> Task description:
Using the records below, quote only the span that opens with the line containing "-- The public half of a key pair." and closes with the line containing "pub hkdf_expand : List ℕ → ℕ → List ℕ", exactly and inclusively.

Data records Start Marker

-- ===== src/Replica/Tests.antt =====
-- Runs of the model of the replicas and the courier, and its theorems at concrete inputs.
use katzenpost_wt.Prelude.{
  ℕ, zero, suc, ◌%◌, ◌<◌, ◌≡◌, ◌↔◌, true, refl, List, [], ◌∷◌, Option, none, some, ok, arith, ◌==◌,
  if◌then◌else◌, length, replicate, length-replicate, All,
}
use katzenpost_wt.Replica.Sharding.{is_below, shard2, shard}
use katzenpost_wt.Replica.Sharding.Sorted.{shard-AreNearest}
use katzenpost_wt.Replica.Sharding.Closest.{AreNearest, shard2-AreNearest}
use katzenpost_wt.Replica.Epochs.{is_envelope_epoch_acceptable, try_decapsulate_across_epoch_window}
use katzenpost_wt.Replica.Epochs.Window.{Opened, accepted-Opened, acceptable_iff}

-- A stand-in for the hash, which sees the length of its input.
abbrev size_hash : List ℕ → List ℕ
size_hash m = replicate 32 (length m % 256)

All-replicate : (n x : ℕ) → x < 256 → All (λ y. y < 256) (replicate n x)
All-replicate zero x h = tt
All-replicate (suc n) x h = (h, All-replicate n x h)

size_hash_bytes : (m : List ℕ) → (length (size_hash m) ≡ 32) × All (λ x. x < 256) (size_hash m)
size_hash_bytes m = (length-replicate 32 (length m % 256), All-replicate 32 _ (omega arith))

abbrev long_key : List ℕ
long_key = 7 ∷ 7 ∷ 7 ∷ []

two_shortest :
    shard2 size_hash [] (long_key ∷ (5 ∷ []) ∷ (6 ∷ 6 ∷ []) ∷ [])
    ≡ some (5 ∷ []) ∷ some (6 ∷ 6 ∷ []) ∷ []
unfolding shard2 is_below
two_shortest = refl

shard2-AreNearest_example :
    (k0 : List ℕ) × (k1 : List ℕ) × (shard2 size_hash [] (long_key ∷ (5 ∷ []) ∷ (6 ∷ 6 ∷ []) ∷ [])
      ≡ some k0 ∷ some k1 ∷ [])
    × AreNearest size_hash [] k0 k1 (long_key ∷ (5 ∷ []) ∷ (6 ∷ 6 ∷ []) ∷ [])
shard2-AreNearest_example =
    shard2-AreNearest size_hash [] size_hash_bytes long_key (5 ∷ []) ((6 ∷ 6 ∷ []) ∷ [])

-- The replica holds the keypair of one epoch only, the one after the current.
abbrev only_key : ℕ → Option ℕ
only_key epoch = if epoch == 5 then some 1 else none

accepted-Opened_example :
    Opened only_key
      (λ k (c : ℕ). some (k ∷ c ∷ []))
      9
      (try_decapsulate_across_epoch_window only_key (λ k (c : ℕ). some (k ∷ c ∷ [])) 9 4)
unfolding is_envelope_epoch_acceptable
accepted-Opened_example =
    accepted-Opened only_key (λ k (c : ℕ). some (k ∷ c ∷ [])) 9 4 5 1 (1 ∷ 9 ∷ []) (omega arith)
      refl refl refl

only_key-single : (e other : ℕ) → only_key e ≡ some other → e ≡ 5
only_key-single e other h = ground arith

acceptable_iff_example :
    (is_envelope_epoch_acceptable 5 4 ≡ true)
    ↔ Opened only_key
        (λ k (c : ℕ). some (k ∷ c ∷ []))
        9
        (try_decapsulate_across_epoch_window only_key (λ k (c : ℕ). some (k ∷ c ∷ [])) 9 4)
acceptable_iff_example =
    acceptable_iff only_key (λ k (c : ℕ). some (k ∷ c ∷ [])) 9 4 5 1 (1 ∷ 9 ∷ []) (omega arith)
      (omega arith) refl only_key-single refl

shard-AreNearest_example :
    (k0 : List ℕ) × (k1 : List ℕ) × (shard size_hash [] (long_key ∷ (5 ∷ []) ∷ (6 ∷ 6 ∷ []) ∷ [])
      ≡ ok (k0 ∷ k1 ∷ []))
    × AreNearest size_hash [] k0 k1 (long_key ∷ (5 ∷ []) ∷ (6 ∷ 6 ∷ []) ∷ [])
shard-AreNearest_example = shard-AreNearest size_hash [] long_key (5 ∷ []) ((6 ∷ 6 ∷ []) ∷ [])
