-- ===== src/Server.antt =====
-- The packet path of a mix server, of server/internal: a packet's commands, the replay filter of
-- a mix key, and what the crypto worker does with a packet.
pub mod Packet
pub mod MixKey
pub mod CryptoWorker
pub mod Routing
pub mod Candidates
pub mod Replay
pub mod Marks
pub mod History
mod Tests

Data records End Marker
Data records Start Marker

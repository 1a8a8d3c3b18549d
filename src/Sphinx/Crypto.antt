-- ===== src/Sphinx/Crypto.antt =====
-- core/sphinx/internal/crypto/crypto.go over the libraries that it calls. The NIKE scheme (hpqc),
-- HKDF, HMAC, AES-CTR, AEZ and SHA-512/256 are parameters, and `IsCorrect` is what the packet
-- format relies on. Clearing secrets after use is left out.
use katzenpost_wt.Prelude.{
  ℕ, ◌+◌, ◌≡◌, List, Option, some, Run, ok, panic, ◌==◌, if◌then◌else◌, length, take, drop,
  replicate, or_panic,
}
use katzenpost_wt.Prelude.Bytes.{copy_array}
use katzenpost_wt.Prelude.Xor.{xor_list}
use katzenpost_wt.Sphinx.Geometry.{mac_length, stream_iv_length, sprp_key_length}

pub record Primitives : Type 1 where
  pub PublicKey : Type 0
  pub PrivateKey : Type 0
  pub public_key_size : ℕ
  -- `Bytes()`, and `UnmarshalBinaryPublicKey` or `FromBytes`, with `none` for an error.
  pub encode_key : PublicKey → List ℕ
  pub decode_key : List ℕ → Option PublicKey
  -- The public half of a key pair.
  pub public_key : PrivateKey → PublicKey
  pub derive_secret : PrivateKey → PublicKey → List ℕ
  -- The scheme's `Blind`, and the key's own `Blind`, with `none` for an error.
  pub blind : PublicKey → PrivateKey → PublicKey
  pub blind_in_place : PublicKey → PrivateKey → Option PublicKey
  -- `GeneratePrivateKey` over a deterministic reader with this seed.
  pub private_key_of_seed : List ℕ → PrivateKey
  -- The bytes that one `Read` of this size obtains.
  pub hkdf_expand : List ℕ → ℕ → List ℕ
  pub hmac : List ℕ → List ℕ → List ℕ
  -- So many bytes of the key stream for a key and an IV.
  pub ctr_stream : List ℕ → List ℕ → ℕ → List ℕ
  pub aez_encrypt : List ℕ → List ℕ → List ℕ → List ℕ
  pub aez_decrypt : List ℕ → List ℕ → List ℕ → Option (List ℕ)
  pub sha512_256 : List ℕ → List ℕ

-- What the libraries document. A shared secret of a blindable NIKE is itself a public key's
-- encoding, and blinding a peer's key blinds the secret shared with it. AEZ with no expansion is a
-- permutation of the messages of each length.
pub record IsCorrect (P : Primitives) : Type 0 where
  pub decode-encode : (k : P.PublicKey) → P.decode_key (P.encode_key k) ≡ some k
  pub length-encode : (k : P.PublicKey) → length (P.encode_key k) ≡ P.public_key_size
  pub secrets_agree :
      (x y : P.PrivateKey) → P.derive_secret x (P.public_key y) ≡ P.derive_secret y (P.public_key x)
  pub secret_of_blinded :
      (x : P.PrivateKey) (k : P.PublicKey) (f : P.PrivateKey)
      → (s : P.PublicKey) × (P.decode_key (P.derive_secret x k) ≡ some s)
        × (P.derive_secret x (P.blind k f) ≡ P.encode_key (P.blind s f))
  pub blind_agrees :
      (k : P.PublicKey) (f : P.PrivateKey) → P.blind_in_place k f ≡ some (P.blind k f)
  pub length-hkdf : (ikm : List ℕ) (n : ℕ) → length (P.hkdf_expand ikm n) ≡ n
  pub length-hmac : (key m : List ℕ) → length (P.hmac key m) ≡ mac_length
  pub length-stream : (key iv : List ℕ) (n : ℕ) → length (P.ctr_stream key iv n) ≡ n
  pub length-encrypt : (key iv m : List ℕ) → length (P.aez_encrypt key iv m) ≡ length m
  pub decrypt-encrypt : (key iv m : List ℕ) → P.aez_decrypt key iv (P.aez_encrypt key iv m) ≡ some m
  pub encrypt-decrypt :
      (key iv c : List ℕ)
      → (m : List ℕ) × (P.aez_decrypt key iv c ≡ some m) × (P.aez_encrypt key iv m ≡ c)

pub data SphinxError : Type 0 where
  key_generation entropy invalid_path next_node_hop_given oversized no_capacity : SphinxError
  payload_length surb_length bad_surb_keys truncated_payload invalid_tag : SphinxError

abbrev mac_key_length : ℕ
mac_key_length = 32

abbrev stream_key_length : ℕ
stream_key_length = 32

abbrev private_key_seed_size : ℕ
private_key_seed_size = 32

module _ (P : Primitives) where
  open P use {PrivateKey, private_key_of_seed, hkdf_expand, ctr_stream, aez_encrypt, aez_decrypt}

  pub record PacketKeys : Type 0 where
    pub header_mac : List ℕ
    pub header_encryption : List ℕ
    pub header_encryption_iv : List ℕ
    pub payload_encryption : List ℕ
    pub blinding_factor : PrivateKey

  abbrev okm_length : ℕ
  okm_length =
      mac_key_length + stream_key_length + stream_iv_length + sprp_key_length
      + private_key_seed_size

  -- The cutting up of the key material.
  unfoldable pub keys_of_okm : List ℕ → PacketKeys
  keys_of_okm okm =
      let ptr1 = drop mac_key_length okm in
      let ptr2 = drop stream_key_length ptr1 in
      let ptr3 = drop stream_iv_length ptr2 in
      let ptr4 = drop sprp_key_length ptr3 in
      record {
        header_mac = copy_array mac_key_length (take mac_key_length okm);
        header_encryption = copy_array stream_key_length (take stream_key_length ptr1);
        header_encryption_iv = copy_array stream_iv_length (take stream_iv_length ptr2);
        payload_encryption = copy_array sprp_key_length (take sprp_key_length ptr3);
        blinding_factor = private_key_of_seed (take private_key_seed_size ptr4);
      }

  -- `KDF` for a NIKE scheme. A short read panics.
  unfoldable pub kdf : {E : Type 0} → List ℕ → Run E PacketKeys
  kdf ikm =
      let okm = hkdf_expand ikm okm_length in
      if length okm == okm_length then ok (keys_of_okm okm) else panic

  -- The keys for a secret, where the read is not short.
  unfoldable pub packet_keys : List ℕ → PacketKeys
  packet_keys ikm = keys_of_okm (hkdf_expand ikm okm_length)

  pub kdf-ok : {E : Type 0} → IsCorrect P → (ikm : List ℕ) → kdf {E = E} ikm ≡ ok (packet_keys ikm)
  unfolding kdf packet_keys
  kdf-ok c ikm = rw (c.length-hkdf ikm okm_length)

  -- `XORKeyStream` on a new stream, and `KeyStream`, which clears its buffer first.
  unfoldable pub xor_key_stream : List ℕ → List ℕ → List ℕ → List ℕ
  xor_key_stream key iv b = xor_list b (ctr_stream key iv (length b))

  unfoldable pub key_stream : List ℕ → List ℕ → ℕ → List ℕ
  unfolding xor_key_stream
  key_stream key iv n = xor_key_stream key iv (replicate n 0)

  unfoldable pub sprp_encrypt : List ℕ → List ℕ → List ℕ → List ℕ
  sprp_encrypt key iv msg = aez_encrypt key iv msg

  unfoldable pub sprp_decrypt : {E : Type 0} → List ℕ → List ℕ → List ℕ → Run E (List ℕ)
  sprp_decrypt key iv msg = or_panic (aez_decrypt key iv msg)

Data records End Marker

> Response to this task:
  -- The public half of a key pair.
  pub public_key : PrivateKey → PublicKey
  pub derive_secret : PrivateKey → PublicKey → List ℕ
  -- The scheme's `Blind`, and the key's own `Blind`, with `none` for an error.
  pub blind : PublicKey → PrivateKey → PublicKey
  pub blind_in_place : PublicKey → PrivateKey → Option PublicKey
  -- `GeneratePrivateKey` over a deterministic reader with this seed.
  pub private_key_of_seed : List ℕ → PrivateKey
  -- The bytes that one `Read` of this size obtains.
  pub hkdf_expand : List ℕ → ℕ → List ℕ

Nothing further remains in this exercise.